Thursday, November 27, 2014

[CASE DIGEST] PEOPLE OF THE PHILIPPINES v. HON. BIENVENIDO A. TAN as Judge of the Court of First Instance of Manila. Br. XIII, PACITA MADRIGAL-GONZALES, ANGELITA CENTENO, JULIA CARPIO, CALIXTO HERMOSA, and CRISPULA R. PAGARAN alias PULA (G.R. No. L-14257)

July 31, 1959

Ponente: Labrador, J.

FACTS

Pacita Madrigal-Gonzales and others were charged with the crime of falsification of public documents, in their capacities as public officials and employees, by making it appear that relief supplies and/or merchandise were purchased by Pacita for distribution to calamity indigents or sufferers, when in fact no such distributions of said relief and supplies had ever been made.

In order to prove the charge of falsification, the prosecution presented to a witness a booklet of receipts, which was marked Exh. "D", containing value invoices numbered 101301 to 101400 of the Metro Drug Corporation in Cebu. The booklet contained triplicate copies: the original invoices were sent to Manila office of the company, the duplicates to the customers, so that the triplicate copies remained in the booklet. (Note: In preparing receipts for sales, two carbons were used between the three sheets, the original, the duplicate and triplicate so that the duplicates and the triplicates were filed out by the use of the carbons in the course of the preparation and signing of the originals.)

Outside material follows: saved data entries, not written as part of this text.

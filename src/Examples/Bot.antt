-- ===== src/Examples/Bot.antt =====
-- The risk tracker, the RPC pool and the nonce cache at concrete inputs. Amounts are whole numbers.
use solana_atomic_arbitrage.Base.{
  ◌⊎◌, ℕ, ◌<◌, ◌≤◌, ◌≡◌, ◌↔◌, refl, Bool, true, false, not, List, [], ◌∷◌, All, some, none,
  replicate, arith, if◌then◌else◌, ◌==◌,
}
use solana_atomic_arbitrage.Base.Float.{Float}
use solana_atomic_arbitrage.Base.Int.{ℤ, pos, negsuc, sub_ℕ, pos_part, neg_part, leb_ℤ}
use solana_atomic_arbitrage.Executor.Nonce.{
  Rpc, parse, NonceData, cached_nonce_data, fetch_nonce_data,
}
use solana_atomic_arbitrage.Executor.Nonce.Cache.{
  NonceCall, look_up, invalidate, cache_after, AnsweredSince, cached_nonce_data-AnsweredSince,
}
use solana_atomic_arbitrage.Executor.Nonce.Layout.{account_bytes, parse-account_bytes}
use solana_atomic_arbitrage.Executor.RpcPool.{RpcPool, current, rotate}
use solana_atomic_arbitrage.Executor.RpcPool.Fairness.{
  after, current-reaches, current-rotate_of_three,
}
use solana_atomic_arbitrage.Base.Int.{add_ℤ}
use solana_atomic_arbitrage.Risk.{
  Opportunity, RiskConfig, new, check_limits, pass_breaker, clear_breaker, roll_date, apply_limits,
  trip_projected, record_submitted, record_confirmation, check_circuit_breaker, count_confirmation,
  add_pnl,
}
use solana_atomic_arbitrage.Risk.Limits.{MayTrade, IsWithinLimits, pnl_today, check_limits_iff}
use solana_atomic_arbitrage.Risk.Breaker.{
  Call, checked, submitted, confirmed, step, run, IsGuarded, run-IsGuarded,
  run-check_limits_recovers,
}
use solana_atomic_arbitrage.Risk.Counters.{IsCounted, orphans, run-IsCounted}

abbrev less : ℤ → ℤ → Bool
less a b = not (leb_ℤ b a)

instance abbrev whole_numbers : Float ℤ
whole_numbers = record {
  zero_f64 = pos 0;
  add = add_ℤ;
  neg = λ a. sub_ℕ (neg_part a) (pos_part a);
  max = λ a b. if less a b then b else a;
  lt = less;
}

-- A profit of 1 at least, 100 in a trade at most, a loss of 50 in a day at most.
abbrev limits : RiskConfig ℤ
limits = record {
  min_profit_threshold_sol = pos 1;
  max_single_investment_sol = pos 100;
  max_daily_loss_sol = pos 50;
}

abbrev good : Opportunity ℤ
good = record { investment_sol = pos 80; net_profit_sol = pos 3 }

check_limits_iff_example :
    ((check_limits (new 7) good limits 1000 7).1 ≡ true)
    ↔ (MayTrade (new {F = ℤ} 7) 1000 × IsWithinLimits (pnl_today (new {F = ℤ} 7) 7) good limits)
check_limits_iff_example = check_limits_iff (new 7) good limits 1000 7

-- A trade loses 60, which trips the breaker at instant 3.
abbrev losing_day : List (ℕ × Call ℤ)
losing_day = (1, checked good 7) ∷ (2, submitted) ∷ (3, confirmed (negsuc 59) false) ∷ []

blocked : (check_limits (run limits (new 7) losing_day) good limits 4 7).1 ≡ false
unfolding run step new check_limits pass_breaker clear_breaker roll_date apply_limits trip_projected
    record_submitted record_confirmation check_circuit_breaker count_confirmation add_pnl
blocked = refl

losing_day-early : All (λ (c : ℕ × Call ℤ). c.0 ≤ 3) losing_day
losing_day-early = (omega arith, (omega arith, (omega arith, tt)))

run-IsGuarded_example : IsGuarded limits 3 (run limits (new 7) losing_day)
run-IsGuarded_example = run-IsGuarded limits 3 refl 7 losing_day losing_day-early

within : IsWithinLimits (pnl_today (run limits (new 7) losing_day) 7) good limits
unfolding run step new check_limits pass_breaker clear_breaker roll_date apply_limits trip_projected
    record_submitted record_confirmation check_circuit_breaker count_confirmation add_pnl
within = ground arith

run-check_limits_recovers_example :
    (check_limits (run limits (new 7) losing_day) good limits 1_800_000_000_003 7).1 ≡ true
run-check_limits_recovers_example =
    run-check_limits_recovers limits 3 refl 7 losing_day good 1_800_000_000_003 7 losing_day-early
      (omega arith) within

run-IsCounted_example :
    IsCounted 3 (orphans limits (new 7) losing_day 0) (run limits (new 7) losing_day)
run-IsCounted_example = run-IsCounted limits 7 losing_day (omega arith)

abbrev three_endpoints : RpcPool ℕ
three_endpoints = record { clients = 10 ∷ 20 ∷ 30 ∷ []; counter = 4 }

current-reaches_example : (n : ℕ) × (n < 3) × ((current (after n three_endpoints)).1 ≡ some 30)
current-reaches_example = current-reaches three_endpoints 2 30 (omega arith) refl

current-rotate_of_three_example :
    (current (rotate (current three_endpoints).0).0).1 ≡ (current three_endpoints).1
current-rotate_of_three_example =
    current-rotate_of_three three_endpoints 10 20 30 refl (omega arith)

abbrev hash_of : ℕ → List ℕ
hash_of n = replicate 32 n

abbrev nonce_bytes : ℕ → List ℕ
nonce_bytes n = account_bytes 1 1 77 (replicate 24 5) (hash_of n) (replicate 8 0)

parse-account_bytes_example :
    parse (nonce_bytes 9) ≡ some (record { blockhash = hash_of 9; nonce_value = 77 })
parse-account_bytes_example =
    parse-account_bytes 77 (replicate 24 5) (hash_of 9) (replicate 8 0) (omega arith) refl refl
      (omega arith)

-- Account 40 has the nonce `n`.
abbrev nonce_node : ℕ → Rpc
nonce_node n = λ key. if key == 40 then some (nonce_bytes n) else none

-- The newest first: nonce 9 was read, the cache was invalidated, nonce 10 was read, and then an
-- account that is missing.
abbrev nonce_calls : List NonceCall
nonce_calls =
    look_up (nonce_node 11) 41
    ∷ look_up (nonce_node 10) 40
    ∷ invalidate
    ∷ look_up (nonce_node 9) 40
    ∷ []

cached_nonce_data-AnsweredSince_example :
    (((cached_nonce_data (nonce_node 12) 40 (cache_after nonce_calls)).1
        ≡ fetch_nonce_data (nonce_node 12) 40)
      ⊎ ((nd : NonceData) × ((cached_nonce_data (nonce_node 12) 40 (cache_after nonce_calls)).1
            ≡ some nd)
          × AnsweredSince 40 nd nonce_calls))
    × (((cached_nonce_data (nonce_node 12) 40 (cache_after nonce_calls)).1 ≡ none)
        ⊎ ((cached_nonce_data
              (nonce_node 13)
              40
              (cache_after (look_up (nonce_node 12) 40 ∷ nonce_calls))).1
            ≡ (cached_nonce_data (nonce_node 12) 40 (cache_after nonce_calls)).1))
cached_nonce_data-AnsweredSince_example =
    cached_nonce_data-AnsweredSince nonce_calls (nonce_node 12) (nonce_node 13) 40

As the witness was explaining the figures or words appearing on the triplicates, Hon. Bienvenido M. Tan, then presiding in the CFI of Manila, interrupted the proceeding, holding that the triplicates are not admissible unless it is first proven that the originals were lost and can not be produced.

Another witness, accountant of the Metro Drug Corporation in Manila, was also called by the prosecution to testify. He said that the original practice of keeping the original white copies no longer prevails as the originals are given to the customers, while only the duplicate or pink copies are submitted to the central office in Manila.

After the cross-examination of this last witness, the prosecution again went back to the identification of the triplicate invoice, Exh. D-1. It was at this stage that Judge Tan told the prosecution that the law applicable is Section 46, Rule 123 of the Rules of Court, which requires the production of the originals.

Hence, the petition for certiorari filed by the prosecution.

RULING


Petition granted. CFI ordered to proceed with the trial.

Whether triplicates (or duplicate originals) are admissible as evidence even without presenting the originals. – YES




The SC cited commentators and jurisprudence to underscore the admissibility of duplicates as evidence in court:

Moran (annotator on the Rules of Court): When carbon sheets are inserted between two or more sheets of writing paper so that the writing of a contract upon the outside sheet, including the signature of the party to be charged thereby, produces 2 facsimile upon the sheets beneath, such signature being thus reproduced by the same stroke of the pen which made the surface or exposed impression, all of the sheets so written on are regarded as duplicate originals and either of them may be introduced in evidence as such without accounting for the non-production of the others

People v. Quinones: The [subject document], being a carbon copy of the original and bearing as it does the signature of the appellant, is admissible in evidence and possess all the probative value of the original, and the same does not require an accounting for the non-production of the original.

People v. Stone: The best evidence rule is that rule which requires the highest grade of evidence obtainable to prove a disputed fact. A "duplicate sales slip" has been held to be primary evidence.

International Harvester Co. vs. Elfstrom: Where letters are produced by mechanical means and, concurrently with the original, duplicate are produced, as by placing carbon paper and writing on the exposed surface at the same time, all are duplicate originals, and any one of them may introduced in evidence without accounting for the nonproduction of the other.

U.S. vs. Manton: Carbon copies, however, when made at the same time and on the same machine as the original, are duplicate originals, and these have been held to be as much primary evidence as the originals.

DOCTRINE

The best evidence rule is that rule which requires the highest grade of evidence obtainable to prove a disputed fact. Granted, triplicates formed by the use of carbon papers are admissible in evidence.